Summarizing Le Pesant’s account of violent mental illness in Géricault’s family, three cases are worth noting, two of these resulted in forced confinement. The first case is that of Jean-Vincent-Charles who died in care in 1779 in Pontorson whilst under the care of the monks of St. John of God. The second involves his eldest son François-Jean-Louis Caruel, born in Dieppe on November 14, 1751. In 1770, Jean-Vincent Charles attempted to have his son consigned to the same hospital in Pontorson, but failed. In 1772, Jean-Vincent-Charles Caruel petitioned authorities in Rouen to consign his son François-Jean-Louis, “violent and full of rage,” to the care of the brothers of Saint Yon, in Rouen, or to the order of the Cordeliers, in Bayeux. We can only guess what life must have been like within the Caruel home during these years. The third case involves Louis-Sylvestre Caruel, the eldest son of Jean-Baptiste Caruel, Théodore Géricault’s uncle, who was placed in care by the civil tribunal of Versailles in 1845. Théodore had been godfather to Louis-Sylvestre as well as his cousin. Louis Sylvestre’s deterioration occurred just as Charles Blanc was publishing his biography of Théodore Géricault.

The role religious orders played in the treatment of mental illness is a matter of historical record. Religious orders operated hospitals and treated many illnesses and conditions, using existing medical science as much as faith, as many religious orders do today. It would be wrong to suggest otherwise. The treatment of mental illness as illness was well underway, but within a world where many believed in the existence of a spirit, or soul, as well as the body. Théodore grew up, however, at a time when attacking the authority of the church was very much the order of the day. Enlightenment values, as well as others, elevated science and rationality over superstition. Treatment options were limited, however, and religious orders continued to provide what care they could to those suffering from mental illnesses.

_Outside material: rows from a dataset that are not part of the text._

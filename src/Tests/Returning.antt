-- ===== src/Tests/Returning.antt =====
-- A table of 64 slots with data that this process has linked, data of another process, and slots that are
-- not in use.
use wimp.Prelude.{
  ℕ, zero, suc, ◌<◌, ◌≡◌, ◌≢◌, refl, arith, ◌^◌, Option, none, some, List, [], ◌∷◌, true, false,
  replicate, length-replicate, get_or, get_or-replicate, ap,
}
use wimp.Prelude.Bytes.{text_eq}
use wimp.HashString.{HashString, Entry}
use wimp.Arena.{sarena}
use wimp.SharedData.{DataSlot, empty_slot, slot, find_named}
use wimp.SharedData.Life.{Attachment, Openings, data_free}
use wimp.SharedData.Freed.{shm_of}
use wimp.SharedData.Returned.{IsReturnable, seen, give_back, data_free-Returned}

abbrev named_slot : ℕ → ℕ → DataSlot
named_slot count c = record {
  share_counter = count;
  size = 100;
  data_arena = sarena;
  name = c ∷ [];
}

abbrev sixty_four : List DataSlot
sixty_four = named_slot 1 0x73 ∷ (named_slot 2 0x74 ∷ replicate 62 empty_slot)

abbrev map_of : HashString ℕ
map_of = record { size = 1; table = (record { key = 0x73 ∷ []; value = 0 } ∷ []) ∷ [] }

abbrev attached : Attachment
attached = record {
  shm = some 3;
  memory_name = some (0x6d ∷ []);
  is_linked = true;
  cache = some 5 ∷ replicate 63 none;
  cache_map = some map_of;
}

-- Opening a segment gives the handle 6.
abbrev open_six : Openings
open_six i = (some 6, true, true)

sixty_four-IsReturnable : IsReturnable (seen sixty_four attached map_of)
unfolding text_eq find_named
sixty_four-IsReturnable = record { small = small; only = only }
  where
    small : (j : ℕ) → (slot (seen sixty_four attached map_of) j).share_counter < 2 ^ 31
    small zero = omega arith
    small (suc zero) = omega arith
    small (suc (suc j)) = rw (get_or-replicate 62 j empty_slot) (omega arith)

    only :
        (j : ℕ)
        → text_eq (slot (seen sixty_four attached map_of) j).name [] ≡ false
        → (k : ℕ) → find_named sixty_four (slot (seen sixty_four attached map_of) j).name 0 ≡ some k
        → (k ≡ j) × ((slot (seen sixty_four attached map_of) j).share_counter ≢ 0)
    only zero n k e = (cc, λ h. omega (arith, h))
    only (suc zero) n k e = (cc, λ h. omega (arith, h))
    only (suc (suc j)) n k e = cc (rw (get_or-replicate 62 j empty_slot) at n)

data_free-Returned_example :
    (end : Attachment) × (entries : List (Entry ℕ)) × (data_free open_six sixty_four attached
      ≡ some (
        replicate 64 empty_slot,
        end,
        give_back (shm_of open_six (seen sixty_four attached map_of)) 64 0,
        entries,
      ))
    × (end.is_linked ≡ false)
    × (end.shm ≡ none)
    × ((j : ℕ) → j < 64 → get_or end.cache j none ≡ none)
data_free-Returned_example =
    data_free-Returned open_six sixty_four attached map_of refl refl
      (ap (λ (n : ℕ). suc (suc n)) (length-replicate 62 empty_slot))
      (ap suc (length-replicate {A = Option ℕ} 63 none)) sixty_four-IsReturnable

Whether or not Théodore Géricault himself suffered from the same form of the mental illness which afflicted his grandfather and his uncle is an open question. What seems very likely to us is that Théodore must have asked himself the same question on occassion, and perhaps from an early age. What is beyond dispute is the fact that mental illness was very much a personal matter for Théodore Géricault and his family, rather than one in the abstract. Our view is that fears, hope, and anxieties about both faith and diseases of the spirit inevitably bled into one another. We have no idea whether Théodore Géricault ever prayed. However, we have solid evidence that other figures in his life had a keen interest in the life of the spirit.

* Le Pesant errs on page 74, n°17, of his study. Citation n°17 reads: Arch. Seine-Maritime, Notariat de Rouen, étude Le Dars, 19 September 1782. The correct record is: Arch. Seine-Maritime Notariat de Rouen, 2 E 7/150, étude (Pierre) Marc, 19 September 1782. Many thanks to Ms. Justine Ledoux for her kindness and expertise at the Archives Seine-Maritime, and to her colleague Ms. Virginie Jourdain, who located the study, corrected the record, and provided access to documents on very short notice earlier this year.